И вот — съезд, в зале речь о духовных ценностях, а в гостинице «Россия», в полуподвальном этаже, тем временем уже раскладывают на прилавках богатства иные: сюда устремятся вечером делегаты с женами: покупать! И какие страсти разгораются, какие обиды. Кто-то будет осчастливлен, кто-то уязвлен: как в кремлевском зале.

Дня за два до съезда Георгий Мокеевич Марков собрал у себя в кабинете делегатов от Москвы, знакомя в общих чертах с расписанным сценарием, и, как бы между прочим, сказал, что там, в президиуме, в Кремлевском Дворце, может быть прохладно от кондиционеров, потому он советует быть в костюмах и в галстуках.
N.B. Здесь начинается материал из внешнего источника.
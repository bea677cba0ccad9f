-- ===== src/Fw/Wire.antt =====
-- A bootloader packet as it is sent (tf_fwio.c): its bytes, and the number of bytes of its transfer.
use libtopfield.Base.{
  ℕ, ◌+◌, ◌-◌, ◌/◌, ◌%◌, ◌≤◌, ◌≡◌, ◌≢◌, ◌⊎◌, refl, arith, List, [], ◌∷◌, ◌++◌, length,
  length-append,
}
use libtopfield.Bytes.Arith.{put_u16_bytes}
use libtopfield.Fw.{FwPacket, fw_pad, fw_req_done, summed_bytes}
use libtopfield.Fw.Checksum.{total, calc_checksum-total}

-- Sequence number, command and length, the high byte first, and the data.
abbrev pub fields : ℕ → ℕ → List ℕ → List ℕ
fields seq cmd payload = seq ∷ cmd ∷ length payload / 256 % 256 ∷ length payload % 256 ∷ payload

-- The letters ToFi, the fields and the sum of their bytes.
abbrev pub wire_of : ℕ → ℕ → List ℕ → List ℕ
wire_of seq cmd payload =
    0x54
    ∷ 0x6f
    ∷ 0x46
    ∷ 0x69
    ∷ (fields seq cmd payload ++ total (fields seq cmd payload) % 256 ∷ [])

pub fw_req_done-wire_of : (req : FwPacket) → fw_req_done req ≡ wire_of req.seq req.cmd req.payload
unfolding fw_req_done summed_bytes
fw_req_done-wire_of req =
    rw
      (put_u16_bytes (length req.payload), calc_checksum-total (fields req.seq req.cmd req.payload))
      refl

pub length-wire_of :
    (seq cmd : ℕ) (payload : List ℕ) → length (wire_of seq cmd payload) ≡ 9 + length payload
length-wire_of seq cmd payload =
    omega (arith, length-append payload (total (fields seq cmd payload) % 256 ∷ []))

-- The number of bytes that a packet of `len` bytes is sent with: it is even, not less than `len` and
-- at most three more, and no multiple of 512 but 0x4000. Two bytes more than the next even number
-- are only sent where that is such a multiple.
pub record IsPadded (len n : ℕ) : Type 0 where
  pub even : n % 2 ≡ 0
  pub enough : len ≤ n
  pub few : n ≤ len + 3
  pub size : (n % 0x200 ≢ 0) ⊎ (n ≡ 0x4000)
  pub needed : (n ≤ len + 1) ⊎ (((n - 2) % 0x200 ≡ 0) × (n ≢ 0x4002))

pub fw_pad-IsPadded : (len : ℕ) → IsPadded len (len + fw_pad len)
unfolding fw_pad
fw_pad-IsPadded len = record {
  even = ground arith;
  enough = omega arith;
  few = ground arith;
  size = ground arith;
  needed = ground arith;
}

pub IsPadded-unique : (len m n : ℕ) → IsPadded len m → IsPadded len n → m ≡ n
IsPadded-unique len m n a b =
    ground
      (arith, a.even, a.enough, a.few, a.size, a.needed, b.even, b.enough, b.few, b.size, b.needed)
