-- ===== src/Fw/Send.antt =====
-- What the bootloader's `tf_send` puts on the bus (tf_fwio.c).
use libtopfield.Base.{
  ℕ, zero, suc, ◌+◌, ◌-◌, ◌%◌, ◌<◌, ◌≤◌, ◌≡◌, ◌≢◌, ◌⊎◌, refl, ap, sym, ◌∙◌, arith, true, List, [],
  ◌∷◌, ◌++◌, append_assoc, Option, some, length, take, drop, ◌==◌, min, inl, inr, Bool-cases,
}
use libtopfield.Base.Int.{ℤ, pos, negsuc, ◌==ℤ◌, ==ℤ_iff}
use libtopfield.Bytes.{get_u16, put_u16}
use libtopfield.Bytes.Codec.{get_u16-put_u16}
use libtopfield.Handle.{Usb, State}
use libtopfield.Transfer.Write.{take-take-drop}
use libtopfield.Fw.Wire.{wire_of, fw_req_done-wire_of, length-wire_of, IsPadded, fw_pad-IsPadded}
use libtopfield.Fw.{
  max_data_size, max_send_size, fw_pad, send_rounds, fw_send, calc_checksum, summed_bytes, FwPacket,
  fw_req_done,
}

-- A transfer is even, at most three bytes longer than its packet, and no multiple of 512 bytes unless it is exactly
-- the largest one that the bootloader takes at a time.
pub fw_pad_lem :
    (len : ℕ)
    → ((len + fw_pad len) % 2 ≡ 0)
      × (fw_pad len ≤ 3)
      × (((len + fw_pad len) % 0x200 ≢ 0) ⊎ (len + fw_pad len ≡ max_send_size))
unfolding fw_pad
fw_pad_lem len = ground arith

-- What the bus promises of a transfer that reports all its bytes: they are behind the ones that
-- went out before, and counted. `log w` are the bytes from packets that went out, and `count w` is
-- the number of all that did, with those behind the end of a packet.
abbrev pub Reports : {W : Type 0} → Usb W → (W → List ℕ) → Type 0
Reports {W} usb log =
    (w : W) (endpoint : ℕ) (bytes : List ℕ) (len timeout : ℕ)
    → (usb.bulk_write w endpoint bytes len timeout).0 ≡ pos len
    → log (usb.bulk_write w endpoint bytes len timeout).1 ≡ log w ++ take len bytes

abbrev pub Counts : {W : Type 0} → Usb W → (W → ℕ) → Type 0
Counts {W} usb count =
    (w : W) (endpoint : ℕ) (bytes : List ℕ) (len timeout : ℕ)
    → (usb.bulk_write w endpoint bytes len timeout).0 ≡ pos len
    → count (usb.bulk_write w endpoint bytes len timeout).1 ≡ count w + len

-- How the rounds of a transfer end: with 0 after all its bytes, or with -1; the handle keeps the code.
record Moves {W : Type 0} (log : W → List ℕ) (count : W → ℕ) (s : State W) (bytes : List ℕ)
    (len : ℕ) (r : Option (ℤ × State W)) : Type 0 where
  pub ret : ℤ
  pub after : State W
  pub returns : r ≡ some (ret, after)
  pub stored : after.tf.error ≡ ret
  pub outcome :
      ((ret ≡ pos 0)
        × (log after.world ≡ log s.world ++ take len bytes)
        × (count after.world ≡ count s.world + len))
      ⊎ (ret ≡ negsuc 0)

-- The same of a packet with its padding.
pub record Sends {W : Type 0} (log : W → List ℕ) (count : W → ℕ) (s : State W) (packet : List ℕ)
    (r : Option (ℤ × State W)) : Type 0 where
  pub ret : ℤ
  pub after : State W
  pub returns : r ≡ some (ret, after)
  pub stored : after.tf.error ≡ ret
  pub outcome :
      ((ret ≡ pos 0)
        × (log after.world ≡ log s.world ++ packet)
        × ((n : ℕ) × IsPadded (length packet) n × (count after.world ≡ count s.world + n)))
      ⊎ (ret ≡ negsuc 0)

take_whole : (n : ℕ) (xs : List ℕ) → length xs ≤ n → take n xs ≡ xs
take_whole zero [] h = refl
take_whole zero (x ∷ xs) h = absurd (omega arith)
take_whole (suc n) [] h = refl
take_whole (suc n) (x ∷ xs) h = ap (◌∷◌ x) (take_whole n xs (omega arith))

module _ {W : Type 0} (usb : Usb W) (log : W → List ℕ) (count : W → ℕ) (k : Reports usb log)
    (c : Counts usb count) where
  -- The first bytes and the rest of them.
  joined :
      (end middle start bytes : List ℕ) (n len : ℕ)
      → n ≤ len
      → middle ≡ start ++ take n bytes
      → end ≡ middle ++ take (len - n) (drop n bytes)
      → end ≡ start ++ take len bytes
  joined end middle start bytes n len small e rest =
      let sum : n + (len - n) ≡ len = omega (arith, small) in
      rest
      ∙ ap (◌++ take (len - n) (drop n bytes)) e
      ∙ append_assoc start (take n bytes) (take (len - n) (drop n bytes))
      ∙ ap (start ++◌) (take-take-drop n (len - n) bytes ∙ ap (λ m. take m bytes) sum)

  send_rounds-Moves :
      (fuel : ℕ) (bytes : List ℕ) (len : ℕ) (s : State W)
      → len < fuel
      → s.tf.error ≡ pos 0
      → Moves log count s bytes len (send_rounds usb fuel bytes len s)
  unfolding send_rounds
  send_rounds-Moves zero bytes len s h e = ground arith
  send_rounds-Moves (suc fuel) bytes len s h e =
      let tosend = min len max_send_size in
      let r = usb.bulk_write s.world 0x01 bytes tosend s.tf.timeout in
      let s' : State W = record s { world = r.1 } in
      elim (Bool-cases (r.0 ==ℤ pos tosend)) [
        | inr short ↦ record {
          ret = negsuc 0;
          after = record s' { tf = record (s.tf) { error = negsuc 0 } };
          returns = rw (short, send_rounds) refl;
          stored = refl;
          outcome = inr refl;
        }
        | inl all ↦
            let logs = k s.world 0x01 bytes tosend s.tf.timeout ((==ℤ_iff _ _).0 all) in
            let counted = c s.world 0x01 bytes tosend s.tf.timeout ((==ℤ_iff _ _).0 all) in
            elim (Bool-cases (len - tosend == 0)) [
              | inl done ↦ record {
                ret = s.tf.error;
                after = s';
                returns = rw (all, done, send_rounds) refl;
                stored = refl;
                outcome =
                    let same : tosend ≡ len = ground (arith, done) in
                    inl (
                      e,
                      logs ∙ ap (λ n. log s.world ++ take n bytes) same,
                      counted ∙ ap (λ n. count s.world + n) same,
                    );
              }
              | inr more ↦
                  let smaller : len - tosend < fuel = ground (arith, h, more) in
                  let rest =
                    send_rounds-Moves fuel (drop tosend bytes) (len - tosend) s' smaller e in
                  record {
                    ret = rest.ret;
                    after = rest.after;
                    returns = rw (all, more, send_rounds) rest.returns;
                    stored = rest.stored;
                    outcome = elim rest.outcome [
                      | inr failed ↦ inr failed
                      | inl (ok, bytes_out, moved) ↦ inl (
                        ok,
                        joined (log rest.after.world) (log (r.1)) (log s.world) bytes tosend len
                            (omega arith) logs bytes_out,
                        omega (arith, moved, counted),
                      )
                    ];
                  }
            ]
      ]

-- The length that `tf_send` reads out of the finished packet.
pub length_field :
    (req : FwPacket)
    → length req.payload ≤ max_data_size
    → get_u16 (drop 6 (fw_req_done req)) ≡ length req.payload
unfolding fw_req_done summed_bytes
length_field req fits =
    ap get_u16 (
      append_assoc (put_u16 (length req.payload)) req.payload
        (calc_checksum (summed_bytes req) ∷ []))
    ∙ get_u16-put_u16 (length req.payload) _ (omega (arith, fits))

-- The bootloader's `tf_send` ends for every packet of at most 0x8000 bytes of data, whatever the bus
-- answers. Its result is stored in the handle. It is 0 or -1, and with 0 all of the packet went out,
-- letters, fields, data and checksum, in order and each byte once, and with its padding an even
-- number of bytes, at most three more than the packet has and no multiple of 512 but 0x4000.
-- Conditions: a connected handle, and a bus that reports a transfer as complete only if it is.
pub fw_send-Sends :
    {W : Type 0} (usb : Usb W) (log : W → List ℕ) (count : W → ℕ) (s : State W) (req : FwPacket)
    → Reports usb log
    → Counts usb count
    → s.tf.dev ≡ true
    → length req.payload ≤ max_data_size
    → Sends log count s (wire_of req.seq req.cmd req.payload) (fw_send usb (fw_req_done req) s)
unfolding fw_send
fw_send-Sends usb log count s req k c dev fits =
    let len = 8 + length req.payload + 1 in
    let packet = wire_of req.seq req.cmd req.payload in
    let size = length-wire_of req.seq req.cmd req.payload in
    let run =
      send_rounds-Moves usb log count k c (len + fw_pad len + 1) (fw_req_done req)
        (len + fw_pad len) (record s { tf = record (s.tf) { error = pos 0 } }) (omega arith) refl in
    let first : fw_send usb (fw_req_done req) s
        ≡ send_rounds usb (len + fw_pad len + 1) (fw_req_done req) (len + fw_pad len)
            (record s { tf = record (s.tf) { error = pos 0 } }) =
      rw (length_field req fits, dev, fw_send) refl in
    let same : len ≡ length packet = omega (arith, size) in
    let whole : take (len + fw_pad len) (fw_req_done req) ≡ packet =
      ap (take (len + fw_pad len)) (fw_req_done-wire_of req)
      ∙ take_whole (len + fw_pad len) packet (omega (arith, size)) in
    let padded : IsPadded (length packet) (len + fw_pad len) =
      rw (sym same) (fw_pad-IsPadded len) in
    record {
      ret = run.ret;
      after = run.after;
      returns = first ∙ run.returns;
      stored = run.stored;
      outcome = elim run.outcome [
        | inr failed ↦ inr failed
        | inl (ok, bytes_out, moved) ↦
            inl (ok, bytes_out ∙ ap (log s.world ++◌) whole, (len + fw_pad len, padded, moved))
      ];
    }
Мне бы то как раз и прислушаться, оценить деликатность и даже тонкость этого замечания: я сидел в летней полувоенного вида рубашке с короткими рукавами. И вот в таком виде явился в Кремлевский Дворец. Началось ритуальное действо, выбирали тех, кому сидеть все дни лицом к залу, в президиуме, рядом с правительством. Вдруг слышу свою фамилию. Голосуют. Поднявшись с разных мест, идем из зала в президиум, образуется у подножия ступеней небольшое скопление, и Грибачев бубнит мне в спину: «Костюм надо было надеть…» А я — не оборачиваясь:

«Вы знали заранее, вам там сидеть, а я откуда мог знать?» Но в том-то и дело, что знать ничего не требовалось, надо было просто прочесть. Всем делегатам выдали так называемые дипломаты, в них — набор скучнейших отчетов из всех республик, которые никто не читал и читать не станет, а еще — блокнот, ручка, записная книжка — стандартный набор. Я как получил «дипломат», так и поставил дома, даже не заглянув туда. А напрасно. В этот раз и на моей записной книжке, оказывается, было золотое тиснение:

Президиум

VII съезд писателей СССР

Москва 1981 г.

Но выдвигают, голосуют: «Кто — за? Против? Воздержался?», а имена тех, кому в президиуме сидеть, уже в бронзе отлиты. И вот — политбюро в полном составе, правительство, высшие армейские чины, мундиры, костюмы, галстуки, один я в чем-то летнем с короткими рукавами. И уж не знаю, от кондиционеров ли, от взглядов, но мне и правда холодило спину.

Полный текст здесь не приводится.